In 2025, governance has become table stakes. Vendors are now differentiating on governed AI, ensuring AI-driven insights comply with security, privacy, and compliance standards. Interoperability is evolving beyond connectors to truly unified data ecosystems, with semantic layers that ensure consistency of business definitions across tools, clouds, and teams.

Low-code and No-code democratization

In 2024, ABI platforms expanded low-code/no-code capabilities, empowering “citizen analysts” to design dashboards, automate workflows, and conduct analyses without needing advanced technical skills. This democratization was framed as a way to broaden data literacy.

In 2025, low-code has moved beyond dashboards. Vendors now enable users to compose agentic workflows. automated sequences where AI agents handle data prep, analysis, and reporting. The result is a push toward self-service decision automation, with business users orchestrating complex analytics processes using simple, intuitive interfaces.

Vendor ecosystems and lock-in concerns

In 2024, customers were wary of hyperscalers (like Microsoft, Google, AWS) due to the risk of vendor lock-in. ABI vendors countered this by touting independence, open integrations, and support for hybrid/multicloud deployments.

In 2025, the tension remains, but vendors have responded. Independent ABI providers emphasize cloud-neutral architectures and partnerships with multiple data warehouses, ETL tools, and ML platforms. Meanwhile, large cloud vendors are introducing more transparent pricing and governance options to alleviate lock-in fears while deepening integration within their own ecosystems.
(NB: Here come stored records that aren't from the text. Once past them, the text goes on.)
-- ===== src/Client/Program/Whole.antt =====
-- The client from its connection on: the keys, the login and the session.
use mefsc.Common.{
  ℕ, ◌+◌, ◌≤◌, ◌≡◌, refl, sym, ap, ◌∙◌, subst, some, List, [], ◌∷◌, ◌++◌, arith, length, All,
  length-append, append_assoc, append-nil, le_bytes, length-le_bytes,
}
use mefsc.Constants.{minus, ack_suc, stream_chunk_size, aead_npubbytes, kx_publickeybytes}
use mefsc.Platform.{Platform, W}
use mefsc.Platform.Laws.{View, Reliable, Sound, Prompt}
use mefsc.Outcome.{Outcome, bind-next, returned, with_code}
use mefsc.Wire.Talk.{Spoken, Spoken-trans, Talked, Talked-Spoken}
use mefsc.Wire.Blobs.{Wrote-trans}
use mefsc.Session.Frames.{Framed, wrap_and_send-Framed}
use mefsc.Transfer.Messages.{with_nul, HasFrame}
use mefsc.Keys.Agreement.{public_key, client_crypt_gen-Talks}
use mefsc.Store.{Request, Reply, IsFair}
use mefsc.Store.Wire.{AsksAll, CarriesAll}
use mefsc.Server.{int_after-le_bytes, random_bytes}
use mefsc.Client.{CommsAgent}
use mefsc.Client.Program.{
  Turn, StaleClient, after_status, recv_status, send_credentials, authed_comms, client,
}
use mefsc.Client.Program.Requests.{SuitsAll, AreRequestsOf, IsClient}
use mefsc.Client.Program.Sessions.{turns_of-Asked}

module _ ⦃p : Platform⦄ {Paired : p.sodium.Stream → p.sodium.Stream → Type 0}
    (sound : Sound p.sodium Paired) (view : View p.net.Sock) (good : Reliable p.net view)
    (quick : Prompt p.net view) (fuel : ℕ) where
  open view use {pending, written, noise}

  -- The two frames of a login that is accepted.
  pub record LoggedIn (tx username password nonce : List ℕ) (w : W) (rest : List ℕ) : Type 0 where
    pub after : W
    pub nonce' : List ℕ
    pub name_frame : List ℕ
    pub password_frame : List ℕ
    pub result : send_credentials fuel tx username password nonce w ≡ Outcome.next nonce' after
    pub name_framed : Framed tx (with_nul username) name_frame
    pub password_framed : Framed tx (with_nul password) password_frame
    pub talked : Talked view w (name_frame ++ password_frame) rest after
    pub nonce_length : length nonce' ≡ aead_npubbytes

  -- The acceptance arrives whole where `recv` delivers it at once.
  recv_status-accepted :
      (rest : List ℕ) (w : W)
      → noise w.sock ≡ 0
      → pending w.sock ≡ le_bytes 4 ack_suc ++ rest
      → (w' : W) × (recv_status fuel (minus 1) w ≡ Outcome.next ack_suc w')
        × Talked view w [] rest w'
  unfolding recv_status after_status
  recv_status-accepted rest w z e =
      let (s', r, q, t, n) =
        quick.delivers 4 (le_bytes 4 ack_suc) rest w.sock (length-le_bytes 4 ack_suc) e z in
      (
        record w { sock = s' },
        ap (after_status fuel (minus 1) w) r
            ∙ ap (λ n. Outcome.next n (record w { sock = s' }))
                (int_after-le_bytes ack_suc (minus 1) (omega arith)),
        record {
          remaining = q;
          quieter = omega (arith, n, z);
          added = t ∙ sym (append-nil (written w.sock));
          same_disk = refl;
        },
      )

  send_credentials-LoggedIn :
      (tx username password nonce rest : List ℕ) (w : W)
      → length nonce ≡ aead_npubbytes
      → HasFrame username
      → HasFrame password
      → noise w.sock ≡ 0
      → pending w.sock ≡ le_bytes 4 ack_suc ++ rest
      → LoggedIn tx username password nonce w rest
  unfolding send_credentials
  send_credentials-LoggedIn tx username password nonce rest w l hu hp z e =
      let s1 =
        wrap_and_send-Framed sound view good tx nonce (with_nul username) w l
          (omega (arith, length-append username (0 ∷ []))) in
      let s2 =
        wrap_and_send-Framed sound view good tx s1.nonce' (with_nul password) s1.after
          s1.nonce_length (omega (arith, length-append password (0 ∷ []))) in
      let v = Wrote-trans view s1.wrote s2.wrote in
      let (w3, e3, t) =
        recv_status-accepted rest s2.after (v.same_noise ∙ z) (v.same_pending ∙ e) in
      record {
        after = w3;
        nonce' = s2.nonce';
        name_frame = s1.bytes;
        password_frame = s2.bytes;
        result = bind-next _ s1.result (bind-next _ s2.result (bind-next _ e3 refl));
        name_framed = s1.framed;
        password_framed = s2.framed;
        talked = record {
          remaining = t.remaining;
          quieter = omega (arith, v.same_noise, t.quieter);
          added = t.added ∙ append-nil (written s2.after.sock) ∙ v.added;
          same_disk = t.same_disk ∙ v.same_disk;
        };
        nonce_length = s2.nonce_length;
      }

  -- What the whole client did.
  pub record Ran (rounds : ℕ) (stale : StaleClient) (tx username password : List ℕ) (ts : List Turn)
      (rs : List Reply) (w : W) (rest : List ℕ) (d' : p.storage.Disk) : Type 0 where
    pub after : W
    pub requests : List Request
    pub name_frame : List ℕ
    pub password_frame : List ℕ
    pub sent : List ℕ
    pub result : client fuel rounds stale username password ts w ≡ Outcome.next 0 after
    pub name_framed : Framed tx (with_nul username) name_frame
    pub password_framed : Framed tx (with_nul password) password_frame
    pub asks : AsksAll tx requests sent
    pub fair : All (IsFair rounds) requests
    pub right : AreRequestsOf rounds password w.disk ts rs d' requests
    pub spoken : Spoken view w (public_key w ++ ((name_frame ++ password_frame) ++ sent)) rest after
    pub disk : after.disk ≡ d'

  -- Over a reliable connection where no signal is to come, for a name and a password that fit in frames: the
  -- client takes in the server's public key, of the documented length, from which the session keys are
  -- made, the acceptance, and replies that suit the user's turns; its arrays have at most the declared
  -- sizes. Then it returns 0; it has sent its public key, the name and the password, each with its NUL in a
  -- frame, and fair requests that the turns stand for, in good order; and its disk is the one that the
  -- turns leave.
  pub client-Ran :
      (rounds : ℕ) (stale : StaleClient) (server_pk rx tx username password rest : List ℕ)
      (ts : List Turn) (rs : List Reply) {down : List ℕ} (w : W) {d' : p.storage.Disk}
      → length server_pk ≡ kx_publickeybytes
      → p.sodium.kx_client_session_keys (public_key w) (p.sodium.kx_keypair w.rng).0.1 server_pk
        ≡ some (rx, tx)
      → HasFrame username
      → HasFrame password
      → SuitsAll rounds password w.disk ts rs d'
      → CarriesAll rx rs down
      → IsClient stale
      → noise w.sock ≡ 0
      → pending w.sock ≡ server_pk ++ (le_bytes 4 ack_suc ++ (down ++ rest))
      → stream_chunk_size + 16 ≤ fuel
      → Ran rounds stale tx username password ts rs w rest d'
  unfolding client random_bytes authed_comms
  client-Ran rounds stale server_pk rx tx username password rest ts rs {down} w {d'} l k hu hp ss cs
        c z e b =
      let (w1, e1, v1) =
        client_crypt_gen-Talks view good fuel server_pk rx tx (le_bytes 4 ack_suc ++ (down ++ rest))
          w l k e (omega (arith, z)) in
      let (nonce, rng) = p.sodium.randombytes_buf 8 w1.rng in
      let w2 : W = record w1 { rng = rng } in
      let login =
        send_credentials-LoggedIn tx username password nonce (down ++ rest) w2
          (sound.random_length 8 w1.rng) hu hp (omega (arith, v1.quieter, z)) v1.remaining in
      let ca : CommsAgent = record { client_tx = tx; client_rx = rx } in
      let same : login.after.disk ≡ w.disk = login.talked.same_disk ∙ v1.same_disk in
      let a =
        turns_of-Asked sound view good fuel rounds stale ca password ts rs login.nonce' rest
          login.after (subst (λ x. SuitsAll rounds password x ts rs d') (sym same) ss) cs
          login.nonce_length c login.talked.remaining
          (omega (arith, login.talked.quieter, v1.quieter, z)) in
      let v : Spoken view w2 ((login.name_frame ++ login.password_frame) ++ a.sent) rest a.after =
        Spoken-trans view (Talked-Spoken view login.talked) a.spoken in
      record {
        after = a.after;
        requests = a.requests;
        name_frame = login.name_frame;
        password_frame = login.password_frame;
        sent = a.sent;
        result = ap returned (
            bind-next _ (ap (with_code 1) e1)
              (bind-next _ login.result (bind-next _ (ap returned a.result) refl)));
        name_framed = login.name_framed;
        password_framed = login.password_framed;
        asks = a.asks;
        fair = a.fair;
        right = subst (λ x. AreRequestsOf rounds password x ts rs d' a.requests) same a.right;
        spoken = record {
          remaining = v.remaining;
          quieter = omega (arith, v.quieter, v1.quieter);
          added =
              v.added
              ∙ ap (λ x. x ++ ((login.name_frame ++ login.password_frame) ++ a.sent)) v1.added
              ∙ append_assoc (written w.sock) (public_key w)
                  ((login.name_frame ++ login.password_frame) ++ a.sent);
        };
        disk = a.disk;
      }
From dashboards to decisions

In 2024, the industry was transitioning from delivering static dashboards to enabling real-time, contextual insights. Vendors invested in storytelling capabilities, collaborative features, and richer visualizations to help users interpret and act on data.

In 2025, the focus has shifted even further, from insights to decisions. ABI platforms are embedding recommendations, scenario planning, and even prescriptive analytics into their workflows. AI agents don’t just highlight trends; they suggest next steps, helping organizations move from descriptive to truly decision-centric analytics.